Monday, July 15, 2013

What's In A Name?

The Christmas project involves our great grandparents during the period from 1800 to 1850. That is a fairly narrow range of time but still involves a large number of greats – they keep multiplying exponentially.  I have a fascination with names – what they mean, where they came from, etc. Names, it seems, have always been faddy.  After making-up boys and girl lists I find that most popular by far is – ta da – John.
Of the thirty men I’m working on for the project – 1/3 – yes, 10 of the men are named John. What’s with that?  In modern times I can only think of one John in the entire family and that was my 1st cousin – and he was called ‘Jackie’ when I knew him as a child. 

Jack, for some reason, is the nickname for John. Why? I Googled it and came up with an interesting little article explaining why John is Jack and 9 other names with nicknames that seem unrelated, such as Richard and Dick.  Check it out at with that puzzle solved, I’m wondering why so many things are called John and some of them derogatory?
A bathroom or toilet is called a john – as in “I’m going to the john.”  (Answer here: )  Why are prostitute’s customers called John? Well, maybe that answers itself – if John is the most popular name for the time, then it would follow that more customers are called John!  And, why ‘John’ Doe, ‘John’ Q Public, etc. – check it out:

John must have been super popular between 1800 and 1850. Coming in second on our family list is Samuel with three.  During this period the vast majority of our population was church going; and often they named their children after people in the Bible, both Old and New Testaments.
They hoped that their sweet little baby bundle would grow up to emulate their namesake. Well, in some cases this may be true, but by 1800 it is most likely to have been in the family for generations, picked by a distant ancestor for that reason and then it became part of the family naming tradition.  

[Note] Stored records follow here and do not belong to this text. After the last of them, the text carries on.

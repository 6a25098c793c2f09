-- ===== src/Leveldb/DbFormat/Order.antt =====
-- The order of internal keys, and their separators.
use Prim.Native.Nat.{compare, Ordering}
use wormholefilters.Base.{
  ℕ, ◌+◌, ◌-◌, ◌*◌, ◌^◌, ◌≤◌, ◌<◌, ◌≡◌, ◌≢◌, ◌⊎◌, inl, inr, true, false, ◌&&◌, List, [], ◌++◌, refl,
  sym, ap, ◌∙◌, arith, ltb, if◌then◌else◌, Bool-cases, length, length-append, length-take, take,
}
use wormholefilters.Leveldb.Coding.{encode_fixed64, put_fixed64}
use wormholefilters.Leveldb.Coding.RoundTrip.{length-encode_fixed64}
use wormholefilters.Leveldb.Comparator.Separator.{IsLawful}
use wormholefilters.Leveldb.Comparator.{first, Comparator}
use wormholefilters.Leveldb.DbFormat.Keys.{
  pack_lem, packed-lt, append_internal_key-tagged, extract_user_key-tagged, trailer-tagged,
  new_lookup_key_lem,
}
use wormholefilters.Leveldb.DbFormat.{
  ValueType, deletion, value, type_code, ParsedInternalKey, pack_sequence_and_type,
  append_internal_key, extract_user_key, trailer, compare_internal, is_less, shorten,
  internal_separator, max_sequence_number, new_lookup_key, internal_key,
}

-- Increasing user keys; for equal ones decreasing sequence numbers, then decreasing types.
unfoldable pub newest_first : Comparator → ParsedInternalKey → ParsedInternalKey → Ordering
newest_first c a b =
    first (c.compare a.user_key b.user_key)
      (first (compare b.sequence a.sequence) (compare (type_code b.type) (type_code a.type)))

code-lt : (t : ValueType) → type_code t < 256
code-lt deletion = omega arith
code-lt value = omega arith

descending :
    (s t s' t' : ℕ)
    → t < 256
    → t' < 256
    → (if ltb (s' * 256 + t') (s * 256 + t)
        then Ordering.lt
        else if ltb (s * 256 + t) (s' * 256 + t')
        then Ordering.gt
        else Ordering.eq)
      ≡ first (compare s' s) (compare t' t)
descending s t s' t' p q = ground arith

module _ (c : Comparator) where
  -- Two internal keys compare by user key, and the newest of one user key comes first, if their sequence
  -- numbers are below 2 ^ 56.
  pub compare_internal-newest_first :
      (a b : ParsedInternalKey)
      → a.sequence < 2 ^ 56
      → b.sequence < 2 ^ 56
      → compare_internal c (append_internal_key [] a) (append_internal_key [] b)
        ≡ newest_first c a b
  unfolding compare_internal newest_first
  compare_internal-newest_first a b p q =
      let m = pack_sequence_and_type a.sequence a.type in
      let n = pack_sequence_and_type b.sequence b.type in
      rw (
        append_internal_key-tagged [] a,
        append_internal_key-tagged [] b,
        extract_user_key-tagged a.user_key m,
        extract_user_key-tagged b.user_key n,
        trailer-tagged a.user_key m (packed-lt a.sequence a.type p),
        trailer-tagged b.user_key n (packed-lt b.sequence b.type q),
        pack_lem a.sequence a.type p,
        pack_lem b.sequence b.type q,
        descending a.sequence (type_code a.type) b.sequence (type_code b.type) (code-lt a.type)
            (code-lt b.type),
      )

seek :
    (s s' t : ℕ)
    → t ≤ 1
    → ((s' ≤ s → first (compare s' s) (compare t 1) ≢ Ordering.gt)
        × (s < s' → first (compare s' s) (compare t 1) ≡ Ordering.gt))
seek s s' t h = (λ le e. absurd (ground arith), λ lt. ground arith)

code-le : (t : ValueType) → type_code t ≤ 1
code-le deletion = omega arith
code-le value = omega arith

-- The key by which a snapshot is looked up stands, among the entries of its user key, before
-- those that are not newer than the snapshot and behind those that are. The comparator is lawful and
-- the numbers are below 2 ^ 56.
pub compare_internal-new_lookup_key :
    (c : Comparator) (e : ParsedInternalKey) (s : ℕ)
    → IsLawful c
    → s < 2 ^ 56
    → e.sequence < 2 ^ 56
    → ((e.sequence ≤ s
          → compare_internal c
              (internal_key (new_lookup_key e.user_key s))
              (append_internal_key [] e)
            ≢ Ordering.gt)
        × (s < e.sequence
            → compare_internal c
                (internal_key (new_lookup_key e.user_key s))
                (append_internal_key [] e)
              ≡ Ordering.gt))
unfolding newest_first
compare_internal-new_lookup_key c e s law p q =
    let key : ParsedInternalKey = record { user_key = e.user_key; sequence = s; type = value } in
    let order = compare_internal-newest_first c key e p q in
    rw ((new_lookup_key_lem e.user_key s).0, order, law.order.same e.user_key)
      (seek s e.sequence (type_code e.type) (code-le e.type))

is_less_lem : (o : Ordering) → is_less o ≡ true → o ≡ Ordering.lt
unfolding is_less
is_less_lem Ordering.lt h = refl
is_less_lem Ordering.eq h = absurd (cc)
is_less_lem Ordering.gt h = absurd (cc)

extract_user_key_lem : (k : List ℕ) → length (extract_user_key k) ≡ length (take (length k - 8) k)
unfolding extract_user_key
extract_user_key_lem k = refl

module _ (c : Comparator) where
  -- The two results of `shorten`.
  shorten-cases :
      (start tmp : List ℕ)
      → (shorten c start tmp ≡ start)
        ⊎ ((n : ℕ) × (shorten c start tmp ≡ tmp ++ encode_fixed64 n)
            × (c.compare (extract_user_key start) tmp ≡ Ordering.lt)
            × (length tmp < length (extract_user_key start)))
  unfolding shorten put_fixed64
  shorten-cases start tmp =
      let user = extract_user_key start in
      elim (Bool-cases (ltb (length tmp) (length user) && is_less (c.compare user tmp))) [
        | inr keep ↦ inl (rw keep)
        | inl cut ↦
            let short : ltb (length tmp) (length user) ≡ true = ground arith in
            let less : is_less (c.compare user tmp) ≡ true = ground arith in
            inr (
              pack_sequence_and_type max_sequence_number value,
              rw cut,
              is_less_lem (c.compare user tmp) less,
              ground arith,
            )
      ]

  compare_internal_user :
      (a b : List ℕ)
      → c.compare (extract_user_key a) (extract_user_key b) ≡ Ordering.lt
      → compare_internal c a b ≡ Ordering.lt
  unfolding compare_internal
  compare_internal_user a b h = rw h

  -- What stands behind a user key in the order is not before it.
  compare_internal_parts :
      (a b : List ℕ)
      → compare_internal c a b ≡ Ordering.lt
      → (c.compare (extract_user_key a) (extract_user_key b) ≡ Ordering.lt)
        ⊎ (c.compare (extract_user_key a) (extract_user_key b) ≡ Ordering.eq)
  unfolding compare_internal
  compare_internal_parts a b h = by_result (c.compare (extract_user_key a) (extract_user_key b)) _ h
    where
      by_result : (o p : Ordering) → first o p ≡ Ordering.lt → (o ≡ Ordering.lt) ⊎ (o ≡ Ordering.eq)
      by_result Ordering.lt p h = inl refl
      by_result Ordering.eq p h = inr refl
      by_result Ordering.gt p h = absurd (cc)

  compare_internal_refl : IsLawful c → (a : List ℕ) → compare_internal c a a ≡ Ordering.eq
  unfolding compare_internal
  compare_internal_refl law a =
      let e : ltb (trailer a) (trailer a) ≡ false = ground arith in
      rw (law.order.same (extract_user_key a), e)

  before_limit :
      (start limit : List ℕ)
      → IsLawful c
      → compare_internal c start limit ≡ Ordering.lt
      → c.compare
          (extract_user_key start)
          (c.find_shortest_separator (extract_user_key start) (extract_user_key limit))
        ≡ Ordering.lt
      → c.compare
          (c.find_shortest_separator (extract_user_key start) (extract_user_key limit))
          (extract_user_key limit)
        ≡ Ordering.lt
  before_limit start limit law h less =
      let a = extract_user_key start in
      let b = extract_user_key limit in
      elim (compare_internal_parts start limit h) [
        | inl lt ↦ law.separator_before a b lt
        | inr eq ↦
            let t : c.find_shortest_separator a b ≡ a =
              ap (c.find_shortest_separator a) (sym (law.order.equal a b eq))
              ∙ law.separator_equal a in
            absurd (cc (law.order.same a))
      ]

  -- If `start` stands before `limit`, the separator of internal keys stands from `start` on and
  -- before `limit`, and is no longer than `start`. The comparator of user keys is lawful.
  pub internal_separator_lem :
      (start limit : List ℕ)
      → IsLawful c
      → compare_internal c start limit ≡ Ordering.lt
      → (compare_internal c start (internal_separator c start limit) ≢ Ordering.gt)
        × (compare_internal c (internal_separator c start limit) limit ≡ Ordering.lt)
        × (length (internal_separator c start limit) ≤ length start)
  unfolding internal_separator
  internal_separator_lem start limit law h =
      let a = extract_user_key start in
      let b = extract_user_key limit in
      let tmp = c.find_shortest_separator a b in
      elim (shorten-cases start tmp) [
        | inl same ↦ rw same (λ e. cc (compare_internal_refl law start), h, omega arith)
        | inr (n, e, less, short) ↦
            let back = extract_user_key-tagged tmp n in
            let from : c.compare a (extract_user_key (tmp ++ encode_fixed64 n)) ≡ Ordering.lt =
              rw back less in
            let before : c.compare (extract_user_key (tmp ++ encode_fixed64 n)) b ≡ Ordering.lt =
              rw back (before_limit start limit law h less) in
            rw e (
              λ g. cc (compare_internal_user start (tmp ++ encode_fixed64 n) from),
              compare_internal_user (tmp ++ encode_fixed64 n) limit before,
              omega (
                arith,
                short,
                length-append tmp (encode_fixed64 n),
                length-encode_fixed64 n,
                length-take (length start - 8) start,
                extract_user_key_lem start,
              ),
            )
      ]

Here are the other Biblical names for our group of ancestors.  Beside John and Samuel there are two each of Peter, Joseph, and Isaiah.  We have one each of Andrew, Aquilla (or Aquila), Isaac, Obediah (or Obadiah), and Stephen. Chances are the non-Biblical names were popular in the middle ages. We have one each of: Anson, George, Henry, and Robert. 

I haven’t really addressed middle names.  We don’t know all of them, and many may not have had one. Using middle names for people other than nobility is a fairly recent tradition. With the growth of the population it became more important to be able to distinguish which John you meant – therefore, we have John Henry, and John Phillip, Mary Ann and Mary Jane.

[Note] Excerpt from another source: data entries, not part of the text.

-- ===== src/Leveldb/FilterBlock/Builder.antt =====
-- `FilterBlockBuilder` of leveldb/table/filter_block.cc: the filters that are made, and the keys of each.
use mathlib.Core.List.{append_assoc, append-nil}
use wormholefilters.Base.{
  ℕ, ◌+◌, ◌-◌, ◌^◌, ◌<◌, ◌≡◌, true, some, List, [], ◌∷◌, ◌++◌, All, refl, sym, ap, ap₂, ◌∙◌, arith,
  length, length-append, take, drop, take_append, drop_append,
}
use wormholefilters.Leveldb.FilterBlock.{FilterPolicy, tmp_keys}

-- No false negatives, for lists of keys of which an `int` holds the length.
pub record IsFaithful (policy : FilterPolicy) : Type 0 where
  pub made :
      (k : List ℕ) (ks : List (List ℕ)) (dst : List ℕ)
      → length (k ∷ ks) < 2 ^ 31
      → (filter : List ℕ) × (policy.create_filter (k ∷ ks) dst ≡ some (dst ++ filter))
        × All (λ (j : List ℕ). policy.key_may_match j filter ≡ some true) (k ∷ ks)

unfoldable pub joined : List (List ℕ) → List ℕ
joined [] = []
joined (x ∷ xs) = x ++ joined xs

pub joined-append : (xs ys : List (List ℕ)) → joined (xs ++ ys) ≡ joined xs ++ joined ys
unfolding joined
joined-append [] ys = refl
joined-append (x ∷ xs) ys =
    ap (◌++◌ x) (joined-append xs ys) ∙ sym (append_assoc x (joined xs) (joined ys))

-- Where each string begins, if the first begins there.
unfoldable pub starts : ℕ → List (List ℕ) → List ℕ
starts n [] = []
starts n (x ∷ xs) = n ∷ starts (n + length x) xs

-- Where each ends.
unfoldable pub ends : ℕ → List (List ℕ) → List ℕ
ends n [] = []
ends n (x ∷ xs) = (n + length x) ∷ ends (n + length x) xs

plus_zero : (n : ℕ) → n ≡ n + 0
plus_zero n = omega arith

-- The last string ends where all end.
starts-append_end :
    (n : ℕ) (xs : List (List ℕ)) → starts n xs ++ ((n + length (joined xs)) ∷ []) ≡ n ∷ ends n xs
unfolding starts ends joined
starts-append_end n [] = ap (λ (m : ℕ). m ∷ []) (sym (plus_zero n))
starts-append_end n (x ∷ xs) = ap (◌∷◌ n) (
    ap (λ (m : ℕ). starts (n + length x) xs ++ (m ∷ [])) (total (length-append x (joined xs)))
    ∙ starts-append_end (n + length x) xs)
  where
    total :
        length (x ++ joined xs) ≡ length x + length (joined xs)
        → n + length (x ++ joined xs) ≡ (n + length x) + length (joined xs)
    total e = omega (arith, e)

starts-append :
    (n : ℕ) (xs : List (List ℕ)) (x : List ℕ)
    → starts n (xs ++ (x ∷ [])) ≡ starts n xs ++ ((n + length (joined xs)) ∷ [])
unfolding starts joined
starts-append n [] x = ap (λ (m : ℕ). m ∷ []) (plus_zero n)
starts-append n (y ∷ xs) x = ap (◌∷◌ n) (
    starts-append (n + length y) xs x
    ∙ ap (λ (m : ℕ). starts (n + length y) xs ++ (m ∷ [])) (total (length-append y (joined xs))))
  where
    total :
        length (y ++ joined xs) ≡ length y + length (joined xs)
        → (n + length y) + length (joined xs) ≡ n + length (y ++ joined xs)
    total e = omega (arith, e)

-- The strings are cut out of the bytes again.
pub tmp_keys-ends :
    (front : List ℕ) (xs : List (List ℕ))
    → tmp_keys (front ++ joined xs) (length front ∷ ends (length front) xs) ≡ xs
unfolding tmp_keys ends joined
tmp_keys-ends front [] = refl
tmp_keys-ends front (x ∷ xs) =
    let n = length-append front x in
    let further =
      ap₂ tmp_keys (sym (append_assoc front x (joined xs))) (ap (λ (m : ℕ). m ∷ ends m xs) (sym n))
      ∙ tmp_keys-ends (front ++ x) xs in
    ap₂ ◌∷◌
      (ap (λ (m : ℕ). take m (drop (length front) (front ++ (x ++ joined xs))))
          (difference (length front) (length x))
        ∙ (ap (take (length x)) (drop_append front (x ++ joined xs)) ∙ take_append x (joined xs)))
      further
  where
    difference : (m n : ℕ) → (m + n) - m ≡ n
    difference m n = omega arith

-- One more string.
pub joined_more : (xs : List (List ℕ)) (x : List ℕ) → joined xs ++ x ≡ joined (xs ++ (x ∷ []))
joined_more xs x =
    sym (joined-append xs (x ∷ []) ∙ ap (◌++◌ (joined xs)) (unfold joined in append-nil x))

pub starts_more :
    (xs : List (List ℕ)) (x : List ℕ)
    → starts 0 xs ++ (length (joined xs) ∷ []) ≡ starts 0 (xs ++ (x ∷ []))
starts_more xs x =
    ap (λ (m : ℕ). starts 0 xs ++ (m ∷ [])) (from_zero (length (joined xs)))
    ∙ sym (starts-append 0 xs x)
  where
    from_zero : (n : ℕ) → n ≡ 0 + n
    from_zero n = omega arith

pub starts_end : (xs : List (List ℕ)) → starts 0 xs ++ (length (joined xs) ∷ []) ≡ 0 ∷ ends 0 xs
starts_end xs =
    ap (λ (m : ℕ). starts 0 xs ++ (m ∷ [])) (from_zero (length (joined xs)))
    ∙ starts-append_end 0 xs
  where
    from_zero : (n : ℕ) → n ≡ 0 + n
    from_zero n = omega arith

What is the most popular female name of our greats from 1800-1850 – Elizabeth (3). This name was also from the Bible and sometimes spelled Elisabeth.  It has a huge number of variations and nicknames. Without taking an official count of our entire family tree for all ages I would say that our most popular names for all time are: Elizabeth, Isabel, and Margaret.  I found this surprising – and I love them. My maternal grandmother was Margaret. I’ve now done enough of her family tree to see who she might have been named after.  My mother’s middle name was Margaret after her mother.  Had I known our family history naming tradition when I had daughters I might have named them these rather royal names.  Hm – which one would get Elizabeth. . .?

Other Biblical names for the women: Susannah, Anna (or Ann), and Mary with 2 each, followed by Esther, Sarah, Mary Ann, and Dorcas with one each. Parents may have been more willing to give their daughters the current or popular names of the time.  Those with non-Biblical names with one each are: Eunice, Amanda, Alvira, Tacy, Jane, Nancy, Christina, Easter (possibly a misspelled Esther), Ellen, and Jean. Which brings us back to John, as Jean is the French version of the male name John.

I’ve looked up the meaning for each name and hope to include them in my book. I’m encouraged, I’m making progress!


  1. Hi Sandy -- I'm reading your blog with much interest. . . . fom Susan

  2. fun information! It is nice to have a history of family names. It is surprising that some of them didn't get passed down to one of us.